El documental War Photographer (2001), de Christian Frei, es uno de los casos más comentados sobre la necesidad de revisar la línea que separa el compromiso con la comunicación y la intervención humana en una situación dada. Cuando presenta la historia de James Nachtwey, su nivel de contacto y acercamiento con víctimas, y la dinámica de su relación con las mismas, despierta con mucha pasión el dilema ético del establecimiento de los límites. La impotencia iracunda del espectador reclama un freno, pero ¿Hasta dónde es lo correcto? En el caso de Honeyland es similar, el sufrimiento de esta señora es descorazonador. Entonces, ¿se ha debido intervenir?

Hatidze realiza esfuerzos titánicos por sobrevivir, destruidos constantemente por factores que pudieron ser resueltos con muy poco esfuerzo de parte de los documentalistas, ¿Está siendo explotada? ¿Constituye un acto de abuso de parte de los autores? Honeyland, en ese sentido, se ha mantenido al margen; para permitir el paso a una historia muy humana y muy conmovedora. Solo observar. Y el documental es tan observacional como poético, poniendo su esfuerzo en que la historia de un grupo de personas que se pasean frente a una cámara, sin un ápice de idea de lo que la cámara observa en ellos, logre despertar la conciencia necesaria para evitar que estas historias se produzcan. Es una apuesta larga, arriesgada, pero coherente; porque respeta los pilares del género en el cual se enmarca. Prostituir y capitalizar una historia como la que captaron las cámaras, puede considerarse hasta noble.

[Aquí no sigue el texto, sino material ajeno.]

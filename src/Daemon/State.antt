-- ===== src/Daemon/State.antt =====
-- internal/daemon/state.go: the state file of a running scheduler. Files are a parameter by what they
-- answer: `fails n` says that the n-th call of package os fails.
pub mod File
use text.Mathlib.Text.{◌==◌ as str_eq}
use jobsd.Common.{
  ℕ, zero, suc, ltb, Bool, true, false, not, ◌&&◌, ◌||◌, Option, none, some, String, ℤ,
  if◌then◌else◌,
}
use jobsd.Common.Int.{is_nonpositive}
use jobsd.Result.{
  Error, system, state_not_found, state_corrupt, invalid, Result, ok, err, hang, ◌>>=◌, ◌>>◌,
  refuse_if,
}
use jobsd.Domain.{Time, SchedulerState, is_zero_time}
use jobsd.Env.{Codec}
use jobsd.Sqlite.{format_time}

-- schedulerStateJSON
pub record SchedulerStateJson : Type 0 where
  pub instance_name : String
  pub pid : ℤ
  pub port : ℤ
  pub token : String
  pub db_path : String
  pub started_at : String
  pub version : String

-- json.MarshalIndent with the line feed that follows, and json.Unmarshal, at schedulerStateJSON
pub record StateJson : Type 0 where
  pub marshal : SchedulerStateJson → String
  pub unmarshal : String → Option SchedulerStateJson

unfoldable pub validate_scheduler_state : SchedulerState → Result (Unit {0})
validate_scheduler_state state = do
  refuse_if (str_eq state.instance_name "") (invalid "state instance is required")
  refuse_if (is_nonpositive state.pid) (invalid "state pid must be positive")
  refuse_if (is_nonpositive state.port) (invalid "state port must be positive")
  refuse_if (str_eq state.token "") (invalid "state token is required")
  refuse_if (str_eq state.db_path "") (invalid "state db path is required")
  refuse_if (str_eq state.version "") (invalid "state version is required")
  refuse_if (is_zero_time state.started_at) (invalid "state started at is required")

abbrev pub read_started_at : Option Time → Result Time
read_started_at none = err state_corrupt
read_started_at (some t) = ok t

module _ (codec : Codec) where
  abbrev pub raw_of : SchedulerState → SchedulerStateJson
  raw_of state = record {
    instance_name = state.instance_name;
    pid = state.pid;
    port = state.port;
    token = state.token;
    db_path = state.db_path;
    started_at = codec.write_time (format_time state.started_at);
    version = state.version;
  }

  unfoldable pub decode_scheduler_state : SchedulerStateJson → Result SchedulerState
  decode_scheduler_state raw = do
    refuse_if (str_eq raw.instance_name "") state_corrupt
    refuse_if (is_nonpositive raw.pid) state_corrupt
    refuse_if (is_nonpositive raw.port) state_corrupt
    refuse_if (str_eq raw.token "") state_corrupt
    refuse_if (str_eq raw.db_path "") state_corrupt
    refuse_if (str_eq raw.version "") state_corrupt
    refuse_if (str_eq raw.started_at "") state_corrupt
    started_at ← read_started_at (codec.read_time raw.started_at)
    ok (record {
      instance_name = raw.instance_name;
      pid = raw.pid;
      port = raw.port;
      token = raw.token;
      db_path = raw.db_path;
      started_at = started_at;
      version = raw.version;
    })

-- The state file and the temporary file beside it, each by its content.
pub record Files : Type 0 where
  pub state_file : Option String
  pub temp_file : Option String
  pub fails : ℕ → Bool
  pub calls : ℕ

abbrev pub called : Files → Files
called fs = record fs { calls = suc fs.calls }

-- `defer os.Remove(tempPath)`: a failure is dropped
abbrev pub removed_temp : Files → Files
removed_temp fs = if fs.fails fs.calls then called fs else record (called fs) { temp_file = none }

-- the calls between CreateTemp and the end: Chmod, Write, Close, Rename. A Write that fails may
-- have written a part, and a Rename that fails changes no file.
unfoldable pub fill_temp : String → String → Files → Result (Unit {0}) × Files
fill_temp payload part fs =
    let chmod = called fs in
    let write = called chmod in
    let close = called write in
    if fs.fails fs.calls
    then (err system, called chmod)
    else if chmod.fails chmod.calls
    then (err system, record (called write) { temp_file = some part })
    else if write.fails write.calls
    then (err system, record close { temp_file = some payload })
    else if close.fails close.calls
    then (err system, record (called close) { temp_file = some payload })
    else (ok tt, record (called close) { state_file = some payload; temp_file = none })

abbrev pub and_remove : Result (Unit {0}) × Files → Result (Unit {0}) × Files
and_remove out = (out.0, removed_temp out.1)

-- what follows marshalSchedulerState: MkdirAll, CreateTemp and the rest
unfoldable pub store_payload : String → String → Files → Result (Unit {0}) × Files
unfolding fill_temp
store_payload payload part fs =
    let create = called fs in
    if fs.fails fs.calls
    then (err system, create)
    else if create.fails create.calls
    then (err system, called create)
    else and_remove (fill_temp payload part (record (called create) { temp_file = some "" }))

abbrev pub store_marshaled : Result String → String → Files → Result (Unit {0}) × Files
store_marshaled (ok payload) part fs = store_payload payload part fs
store_marshaled (err e) part fs = (err e, fs)
store_marshaled hang part fs = (hang, fs)

module _ (codec : Codec) (json : StateJson) where
  unfoldable pub marshal_scheduler_state : SchedulerState → Result String
  unfolding validate_scheduler_state
  marshal_scheduler_state state = do
    validate_scheduler_state state
    ok (json.marshal (raw_of codec state))

  -- WriteState
  unfoldable pub write_state : SchedulerState → String → Files → Result (Unit {0}) × Files
  unfolding marshal_scheduler_state store_payload
  write_state state part fs = store_marshaled (marshal_scheduler_state state) part fs

  unfoldable pub decode_payload : Option SchedulerStateJson → Result SchedulerState
  decode_payload none = err state_corrupt
  decode_payload (some raw) = decode_scheduler_state codec raw

  unfoldable pub read_payload : Option String → Result SchedulerState
  unfolding decode_payload
  read_payload none = err state_not_found
  read_payload (some payload) = decode_payload (json.unmarshal payload)

  -- ReadState
  unfoldable pub read_state : Files → Result SchedulerState × Files
  unfolding read_payload
  read_state fs =
      if fs.fails fs.calls then (err system, called fs) else (read_payload fs.state_file, called fs)

-- RemoveState. `retries` says whether shouldRetryStateRemove allows another round, which it does on
-- Windows only; `rounds` bounds the rounds before the deadline.
unfoldable pub remove_state : ℕ → Bool → Files → Result (Unit {0}) × Files
remove_state zero retries fs =
    if fs.fails fs.calls
    then (err system, called fs)
    else (ok tt, record (called fs) { state_file = none })
remove_state (suc rounds) retries fs =
    let again = remove_state rounds retries (called fs) in
    if fs.fails fs.calls
    then (if retries then again else (err system, called fs))
    else (ok tt, record (called fs) { state_file = none })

Ahora bien, luego de respetar el desarrollo situacional de la historia de Hatidze, en la interpretación del espectador, ¿han procurado los directores en no intervenir? Los directores no narran el documental, el narrador es el mismo filme. No superponen puntos de vista, no entrevistan a expertos, no hay un solo comentario en la película que no provenga de la misma historia. Entonces, ¿acerca esto el cine a la objetividad? ¿Es un respeto a la no intervención? Digamos que este documental es tan objetivo como lo era Nanuk, el esquimal (1922), o como lo es este artículo.

Después de todo, son unos macedonios retratando a unos turcos y la relación con la región Balcánica. La intervención está presente, pero a través de un experimento de semiótica sobresaliente, de una elegancia únicamente comparable con Close Up (1996), de Abbas Kiarostami, donde la sutileza de la metarrealidad es un logro por sí misma. En todo caso, si intervienen, no hubiésemos tenido nuestro villano.

Etnografía Antropológica

El primitivismo humano, básico, involutivo, es la vergüenza del mundo civilizado, y en muchas ocasiones considerado un desequilibrio de la existencia moderna. ¿Un desequilibrio? Bueno, esta es una película sobre equilibrios.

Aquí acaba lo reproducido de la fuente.